Devil's in the details, and I'm a punctuation point. If you
have driver disks, ADFs, user's guides, etc. we would like to hear from you!
Check if the company still exists and if you can find those
same drivers or manuals on their website or somewhere else. If you had no luck
finding them online, chances are good that we don't have them either.
If the company is gone or no longer remembers your adapter,
please zip the files and send them to us. For manuals, if you can scan them,
fantastic! If you have no scanner, making a copy and mailing it to one of us
fine. If you have extra manuals, send them over.
Camera shots may be at whatever dpi you want, but I may
make a lower resolution image for the page, and link the larger image to
it. Camera shots tend to have poor lighting and are at an angle... Cameras
have one focal point, and there is distortion the farther away from dead
center one gets.
Take Me Down To Parallax City
This depicts the challenge that using cameras bring. You can get everything
at once, but now detail may be lost due to it's being masked by other components.
Also, there will be distortion of spatial relations towards the edges.
Ed. spatial relations does not refer
to the person you could of swore was from outer space...
This is the preferred method for creation of adapter and
part outlines. The card/part will be about as accurate as can be for dimensions.
In other words, "what the doctor ordered and why the preacher danced".

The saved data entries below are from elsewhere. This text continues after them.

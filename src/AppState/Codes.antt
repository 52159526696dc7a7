-- ===== src/AppState/Codes.antt =====
-- The vocabulary of AppState.h: the states of the device's life cycle, the error codes, and the
-- error events (perceptive-layer/mqtt_protobuff/governance_core/include/AppState.h).
use governance_iot_platform.Prelude.{ℕ, String, List, Bool}

pub data DeviceState : Type 0 where
  nvs_init wifi_ap_mode wifi_connecting time_sync provisioning provisioning_success
        mqtt_waiting_connect mqtt_init operational ota_found ota_downloading ota_successful
        boot_audit firmware_rollback rebooting error http_init http_request waiting_response
        command_complete sensors_init critical_battery :
      DeviceState

-- `no_error` is NONE.
pub data ErrorCode : Type 0 where
  no_error nvs_init_fail nvs_write_fail nvs_commit_fail nvs_load_fail wifi_timeout time_sync_fail
        provisioning_request_fail provisioning_response_invalid mqtt_init_fail mqtt_disconnected
        crash_rollback ota_fail http_init_fail http_request_fail memory_alocation_fail
        key_generation_fail csr_subject_name_fail csr_to_pem_fail key_missing cert_missing
        topic_subscribe_fail watchdog_init_fail watchdog_add_fail watchdog_remove_fail
        topic_format_invalid command_response_invalid device_id_missing wifi_credentials_missing
        firmware_version_missing firmware_rollback_failed unknown :
      ErrorCode

-- static_cast<uint32_t>(code)
unfoldable pub error_index : ErrorCode → ℕ
error_index no_error = 0
error_index nvs_init_fail = 1
error_index nvs_write_fail = 2
error_index nvs_commit_fail = 3
error_index nvs_load_fail = 4
error_index wifi_timeout = 5
error_index time_sync_fail = 6
error_index provisioning_request_fail = 7
error_index provisioning_response_invalid = 8
error_index mqtt_init_fail = 9
error_index mqtt_disconnected = 10
error_index crash_rollback = 11
error_index ota_fail = 12
error_index http_init_fail = 13
error_index http_request_fail = 14
error_index memory_alocation_fail = 15
error_index key_generation_fail = 16
error_index csr_subject_name_fail = 17
error_index csr_to_pem_fail = 18
error_index key_missing = 19
error_index cert_missing = 20
error_index topic_subscribe_fail = 21
error_index watchdog_init_fail = 22
error_index watchdog_add_fail = 23
error_index watchdog_remove_fail = 24
error_index topic_format_invalid = 25
error_index command_response_invalid = 26
error_index device_id_missing = 27
error_index wifi_credentials_missing = 28
error_index firmware_version_missing = 29
error_index firmware_rollback_failed = 30
error_index unknown = 31

-- static_cast<uint32_t>(state)
unfoldable pub state_index : DeviceState → ℕ
state_index nvs_init = 0
state_index wifi_ap_mode = 1
state_index wifi_connecting = 2
state_index time_sync = 3
state_index provisioning = 4
state_index provisioning_success = 5
state_index mqtt_waiting_connect = 6
state_index mqtt_init = 7
state_index operational = 8
state_index ota_found = 9
state_index ota_downloading = 10
state_index ota_successful = 11
state_index boot_audit = 12
state_index firmware_rollback = 13
state_index rebooting = 14
state_index error = 15
state_index http_init = 16
state_index http_request = 17
state_index waiting_response = 18
state_index command_complete = 19
state_index sensors_init = 20
state_index critical_battery = 21

pub record Source : Type 0 where
  pub class_name : String
  pub method : String

-- `details` is a std::map: it is listed in the order of its keys.
pub record AppError : Type 0 where
  pub code : ErrorCode
  pub msg : String
  pub source : Source
  pub details : List (String × String)
  pub resolved : Bool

Flatbed Scanner - No Parallax
In this example, the adapter has a card guide to keep
the card's PCB at the same height above the scanning head. Don't expect
this to happen every time since some adapters (and planars) lack card guides.
Also, some cards tend to pivot on the guide and bracket. To fix that, I
use a small object near the bracket to weight the card so it rests parallel
to the glass. For cards without guides or for planars, use something to
prop up the PCB. SIMMs work fairly well, BTW...
Use paper to cover the top of the card. This gives you
plenty of reflected light to determine the outline of the card. If you
let external light to be scanned, it will do a job on your brightness and
contrast. You can use scrap paper, but the clearer the paper is, the easier
to see the PCB edge when adjusting the angle. The covering paper doesn't
have to be super tight, like scanning in a closed room with no lights,
but I find that three to four sheets of normal 20lb paper get the job done.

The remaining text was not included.